In fact, Edwards's populist rhetoric sounds about the same today as it did three years ago. The big change is his performance away from the podium. Seldom has a presidential candidate undergone Edwards's 2007 trifecta -- reports of the $400 haircut, the $50,000 honorarium from University of California at Davis for a speech on poverty and the $500,000 hedge fund salary -- without his campaign imploding.
Such mishaps appear to be of Edwards's own making rather than accidental, as was indicated after the New Hampshire debate. Edwards's wife, Elizabeth, entered the spin room after the Sunday night debate and took issue with passages in Shrum's memoir. She claimed Shrum misquoted her husband as saying of gays during his 1998 campaign, "I'm not comfortable around those people." At that same time, an Edwards aide attacked Shrum's honesty. Answering a book's account of a 9-year-old encounter is not a good approach for a presidential candidate.

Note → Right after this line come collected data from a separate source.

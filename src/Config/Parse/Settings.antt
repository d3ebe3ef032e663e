-- ===== src/Config/Parse/Settings.antt =====
-- What a configuration file sets.
use libnetpaxos.Prelude.{
  ℕ, ◌≡◌, ◌⊎◌, refl, inl, inr, arith, ap, sym, subst, ◌∙◌, true, false, Option, some, none,
}
use libnetpaxos.Prelude.{List, [], ◌∷◌, ◌++◌, All, if◌then◌else◌, Bool-cases, Outcome-cases}
use libnetpaxos.Prelude.{Outcome, returned, exited, fault, ◌>>=◌, returned_inj}
use libnetpaxos.Prelude.{same_word, same_word-eq}
use libnetpaxos.Prelude.Int.{ℤ, pos}
use libnetpaxos.Config.{Config, init_conf}
use libnetpaxos.Message.Copy.{strcpy}
use libnetpaxos.Config.Parse.{
  Action, atoi, scan, set_int, set_addr, skip, branches, branch_of, parse_line, parse_lines,
  parse_conf, key_maxinst, key_vlen, key_num_acceptors,
}

-- The value that a line gives to a key, the value before where the line is for another key.
unfoldable pub int_of : List ℕ → Option (List ℕ) × Option (List ℕ) → ℤ → Outcome ℤ
int_of key (none, value) n = fault
int_of key (some k, none) n = if same_word k key then fault else returned n
int_of key (some k, some value) n = if same_word k key then atoi value else returned n

-- The value that the last line for a key gives to it.
unfoldable pub last_int : List ℕ → List (List ℕ) → ℤ → Outcome ℤ
last_int key [] n = returned n
last_int key (line ∷ rest) n =
    scan line >>= λ words. int_of key words n >>= λ n'. last_int key rest n'

>>=-assoc :
    {A B C : Type 0} (m : Outcome A) (f : A → Outcome B) (k : B → Outcome C)
    → ((m >>= f) >>= k) ≡ (m >>= λ a. f a >>= k)
>>=-assoc (returned a) f k = refl
>>=-assoc exited f k = refl
>>=-assoc fault f k = refl

abbrev Keeps : (Config → ℤ) → Action → Type 0
Keeps g a =
    (value : Option (List ℕ)) (conf conf' : Config)
    → a value conf ≡ returned conf'
    → g conf' ≡ g conf

module _ (g : Config → ℤ) where
  set_int-Keeps :
      {f : ℤ → Config → Config} → ((n : ℤ) (c : Config) → g (f n c) ≡ g c) → Keeps g (set_int f)
  unfolding set_int
  set_int-Keeps same none conf conf' h = absurd (cc h)
  set_int-Keeps {f} same (some v) conf conf' h = elim (Outcome-cases (atoi v)) [
    | inl (n, e) ↦
        let is = returned_inj (sym (ap (λ o. o >>= λ n. returned (f n conf)) e) ∙ h) in
        ap g (sym is) ∙ same n conf
    | inr bad ↦ absurd (ground arith)
  ]

  set_addr-Keeps :
      (get : Config → List ℕ) {f : List ℕ → Config → Config}
      → ((a : List ℕ) (c : Config) → g (f a c) ≡ g c)
      → Keeps g (set_addr get f)
  unfolding set_addr
  set_addr-Keeps get same none conf conf' h = absurd (cc h)
  set_addr-Keeps get {f} same (some v) conf conf' h =
      elim (Outcome-cases (strcpy (get conf) (v ++ 0 ∷ []))) [
        | inl (a, e) ↦
            let is = returned_inj (sym (ap (λ o. o >>= λ a. returned (f a conf)) e) ∙ h) in
            ap g (sym is) ∙ same a conf
        | inr bad ↦ absurd (ground arith)
      ]

  skip-Keeps : Keeps g skip
  unfolding skip
  skip-Keeps value conf conf' h = ap g (sym (returned_inj h))

  -- A line for another key leaves the member as it was.
  branch_of-Keeps :
      (key k : List ℕ) (table : List (List ℕ × Action))
      → same_word k key ≡ false
      → All (λ (b : List ℕ × Action). (same_word b.0 key ≡ true) ⊎ Keeps g b.1) table
      → Keeps g (branch_of k table)
  branch_of-Keeps key k [] other h value conf conf' r = skip-Keeps value conf conf' r
  branch_of-Keeps key k ((k', a) ∷ rest) other h value conf conf' r =
      elim (Bool-cases (same_word k k')) [
        | inl e ↦
            let taken : a value conf ≡ returned conf' =
              ap (λ b. (if b then a else branch_of k rest) value conf) (sym e) ∙ r in
            elim h.0 [
              | inl own ↦
                  absurd (
                    cc (other, subst (λ w. same_word w key ≡ true) (sym (same_word-eq k k' e)) own))
              | inr keeps ↦ keeps value conf conf' taken
            ]
        | inr e ↦
            branch_of-Keeps key k rest other h.1 value conf conf'
              (ap (λ b. (if b then a else branch_of k rest) value conf) (sym e) ∙ r)
      ]

-- A key and the member that it sets.
record Setting (key : List ℕ) (g : Config → ℤ) : Type 0 where
  assign : ℤ → Config → Config
  own : branch_of key branches ≡ set_int assign
  sets : (n : ℤ) (c : Config) → g (assign n c) ≡ n
  others : All (λ (b : List ℕ × Action). (same_word b.0 key ≡ true) ⊎ Keeps g b.1) branches

module _ {key : List ℕ} {g : Config → ℤ} (s : Setting key g) where
  words_lem :
      (k : List ℕ) (value : Option (List ℕ)) (conf : Config) {conf' : Config}
      → branch_of k branches value conf ≡ returned conf'
      → int_of key (some k, value) (g conf) ≡ returned (g conf')
  unfolding int_of set_int
  words_lem k value conf {conf'} h = elim (Bool-cases (same_word k key)) [
    | inl e ↦
        let mine : set_int s.assign value conf ≡ returned conf' =
          ap (λ a. a value conf) (sym s.own)
          ∙ ap (λ w. branch_of w branches value conf) (sym (same_word-eq k key e))
          ∙ h in
        assigned value e mine
    | inr e ↦
        let kept : g conf' ≡ g conf =
          branch_of-Keeps g key k branches e s.others value conf conf' h in
        other value e kept
  ]
    where
      assigned :
          (value : Option (List ℕ))
          → same_word k key ≡ true
          → set_int s.assign value conf ≡ returned conf'
          → int_of key (some k, value) (g conf) ≡ returned (g conf')
      assigned none e h = absurd (cc h)
      assigned (some v) e h = elim (Outcome-cases (atoi v)) [
        | inl (n, read) ↦
            let is =
              returned_inj (sym (ap (λ o. o >>= λ n. returned (s.assign n conf)) read) ∙ h) in
            rw e (read ∙ ap returned (sym (s.sets n conf) ∙ ap g is))
        | inr bad ↦ absurd (ground arith)
      ]

      other :
          (value : Option (List ℕ))
          → same_word k key ≡ false
          → g conf' ≡ g conf
          → int_of key (some k, value) (g conf) ≡ returned (g conf')
      other none e kept = rw (e, kept)
      other (some v) e kept = rw (e, kept)

  line_lem :
      (line : List ℕ) (conf : Config) {conf' : Config}
      → parse_line line conf ≡ returned conf'
      → (scan line >>= λ words. int_of key words (g conf)) ≡ returned (g conf')
  unfolding parse_line int_of
  line_lem line conf {conf'} h = elim (Outcome-cases (scan line)) [
    | inl ((none, value), e) ↦ absurd (ground arith)
    | inl ((some k, value), e) ↦
        let branch : branch_of k branches value conf ≡ returned conf' = ground arith in
        rw e (words_lem k value conf branch)
    | inr bad ↦ absurd (ground arith)
  ]

  lines_lem :
      (lines : List (List ℕ)) (conf : Config) {conf' : Config}
      → parse_lines lines conf ≡ returned conf'
      → last_int key lines (g conf) ≡ returned (g conf')
  unfolding parse_lines last_int
  lines_lem [] conf h = ap (λ o. o >>= λ c. returned (g c)) h
  lines_lem (line ∷ rest) conf {conf'} h = elim (Outcome-cases (parse_line line conf)) [
    | inl (c, e) ↦
        let tail : parse_lines rest c ≡ returned conf' =
          sym (ap (λ o. o >>= λ c. parse_lines rest c) e) ∙ h in
        sym (>>=-assoc (scan line) (λ words. int_of key words (g conf)) (last_int key rest))
        ∙ ap (λ o. o >>= last_int key rest) (line_lem line conf e)
        ∙ lines_lem rest c tail
    | inr bad ↦ absurd (ground arith)
  ]

maxinst-Setting : Setting key_maxinst (λ c. c.maxinst)
maxinst-Setting = record {
  assign = λ n conf. record conf { maxinst = n };
  own = refl;
  sets = λ n c. refl;
  others = (
    inr (set_int-Keeps _ (λ n c. refl)),
    (
      inr (skip-Keeps _),
      (
        inr (set_int-Keeps _ (λ n c. refl)),
        (
          inr (set_int-Keeps _ (λ n c. refl)),
          (
            inr (set_int-Keeps _ (λ n c. refl)),
            (
              inr (set_addr-Keeps _ _ (λ a c. refl)),
              (
                inr (set_addr-Keeps _ _ (λ a c. refl)),
                (
                  inr (set_addr-Keeps _ _ (λ a c. refl)),
                  (
                    inr (set_addr-Keeps _ _ (λ a c. refl)),
                    (
                      inr (set_int-Keeps _ (λ n c. refl)),
                      (
                        inr (set_int-Keeps _ (λ n c. refl)),
                        (
                          inr (set_int-Keeps _ (λ n c. refl)),
                          (
                            inr (set_int-Keeps _ (λ n c. refl)),
                            (
                              inl refl,
                              (
                                inr (set_int-Keeps _ (λ n c. refl)),
                                (
                                  inr (set_int-Keeps _ (λ n c. refl)),
                                  (
                                    inr (set_int-Keeps _ (λ n c. refl)),
                                    (
                                      inr (set_int-Keeps _ (λ n c. refl)),
                                      (
                                        inr (set_int-Keeps _ (λ n c. refl)),
                                        (inr (set_int-Keeps _ (λ n c. refl)), tt),
                                      ),
                                    ),
                                  ),
                                ),
                              ),
                            ),
                          ),
                        ),
                      ),
                    ),
                  ),
                ),
              ),
            ),
          ),
        ),
      ),
    ),
  );
}

vlen-Setting : Setting key_vlen (λ c. c.vlen)
vlen-Setting = record {
  assign = λ n conf. record conf { vlen = n };
  own = refl;
  sets = λ n c. refl;
  others = (
    inr (set_int-Keeps _ (λ n c. refl)),
    (
      inr (skip-Keeps _),
      (
        inr (set_int-Keeps _ (λ n c. refl)),
        (
          inr (set_int-Keeps _ (λ n c. refl)),
          (
            inr (set_int-Keeps _ (λ n c. refl)),
            (
              inr (set_addr-Keeps _ _ (λ a c. refl)),
              (
                inr (set_addr-Keeps _ _ (λ a c. refl)),
                (
                  inr (set_addr-Keeps _ _ (λ a c. refl)),
                  (
                    inr (set_addr-Keeps _ _ (λ a c. refl)),
                    (
                      inr (set_int-Keeps _ (λ n c. refl)),
                      (
                        inr (set_int-Keeps _ (λ n c. refl)),
                        (
                          inr (set_int-Keeps _ (λ n c. refl)),
                          (
                            inr (set_int-Keeps _ (λ n c. refl)),
                            (
                              inr (set_int-Keeps _ (λ n c. refl)),
                              (
                                inr (set_int-Keeps _ (λ n c. refl)),
                                (
                                  inr (set_int-Keeps _ (λ n c. refl)),
                                  (
                                    inr (set_int-Keeps _ (λ n c. refl)),
                                    (
                                      inr (set_int-Keeps _ (λ n c. refl)),
                                      (inl refl, (inr (set_int-Keeps _ (λ n c. refl)), tt)),
                                    ),
                                  ),
                                ),
                              ),
                            ),
                          ),
                        ),
                      ),
                    ),
                  ),
                ),
              ),
            ),
          ),
        ),
      ),
    ),
  );
}

num_acceptors-Setting : Setting key_num_acceptors (λ c. c.num_acceptors)
num_acceptors-Setting = record {
  assign = λ n conf. record conf { num_acceptors = n };
  own = refl;
  sets = λ n c. refl;
  others = (
    inr (set_int-Keeps _ (λ n c. refl)),
    (
      inr (skip-Keeps _),
      (
        inr (set_int-Keeps _ (λ n c. refl)),
        (
          inr (set_int-Keeps _ (λ n c. refl)),
          (
            inr (set_int-Keeps _ (λ n c. refl)),
            (
              inr (set_addr-Keeps _ _ (λ a c. refl)),
              (
                inr (set_addr-Keeps _ _ (λ a c. refl)),
                (
                  inr (set_addr-Keeps _ _ (λ a c. refl)),
                  (
                    inr (set_addr-Keeps _ _ (λ a c. refl)),
                    (
                      inr (set_int-Keeps _ (λ n c. refl)),
                      (
                        inr (set_int-Keeps _ (λ n c. refl)),
                        (
                          inr (set_int-Keeps _ (λ n c. refl)),
                          (
                            inr (set_int-Keeps _ (λ n c. refl)),
                            (
                              inr (set_int-Keeps _ (λ n c. refl)),
                              (
                                inr (set_int-Keeps _ (λ n c. refl)),
                                (
                                  inr (set_int-Keeps _ (λ n c. refl)),
                                  (
                                    inr (set_int-Keeps _ (λ n c. refl)),
                                    (
                                      inr (set_int-Keeps _ (λ n c. refl)),
                                      (inr (set_int-Keeps _ (λ n c. refl)), (inl refl, tt)),
                                    ),
                                  ),
                                ),
                              ),
                            ),
                          ),
                        ),
                      ),
                    ),
                  ),
                ),
              ),
            ),
          ),
        ),
      ),
    ),
  );
}

-- Where a file is read, the number of instances, the size of the batches and the number of
-- acceptors are those of the last lines for them, and 0 where there is no such line.
pub parse_conf-last_int :
    (lines : List (List ℕ)) {conf : Config}
    → parse_conf (some lines) ≡ returned conf
    → (last_int key_maxinst lines (pos 0) ≡ returned conf.maxinst)
      × (last_int key_vlen lines (pos 0) ≡ returned conf.vlen)
      × (last_int key_num_acceptors lines (pos 0) ≡ returned conf.num_acceptors)
unfolding parse_conf
parse_conf-last_int lines h = (
  lines_lem maxinst-Setting lines init_conf h,
  lines_lem vlen-Setting lines init_conf h,
  lines_lem num_acceptors-Setting lines init_conf h,
)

A politically accident-prone Edwards also has cooled the ardor for him in the labor movement, where an endorsement from the Change to Win coalition led by Andrew Stern and James P. Hoffa now is far less likely than it was last December. Hoffa is reported to still regard Edwards as the most pro-labor presidential candidate, but he now doubts whether Edwards can be nominated.
So Edwards must rely on true believers who will brave the bitter Iowa cold in the dark of night to attend caucuses. That's the kind of voter impressed by Edwards lashing out at Obama and especially Clinton on the war. Iowa Democrats in 2004 pulled back from catastrophe at the eleventh hour and abandoned Howard Dean when they contemplated the impact. Party leaders hope Iowans will take a similarly hard look at John Edwards.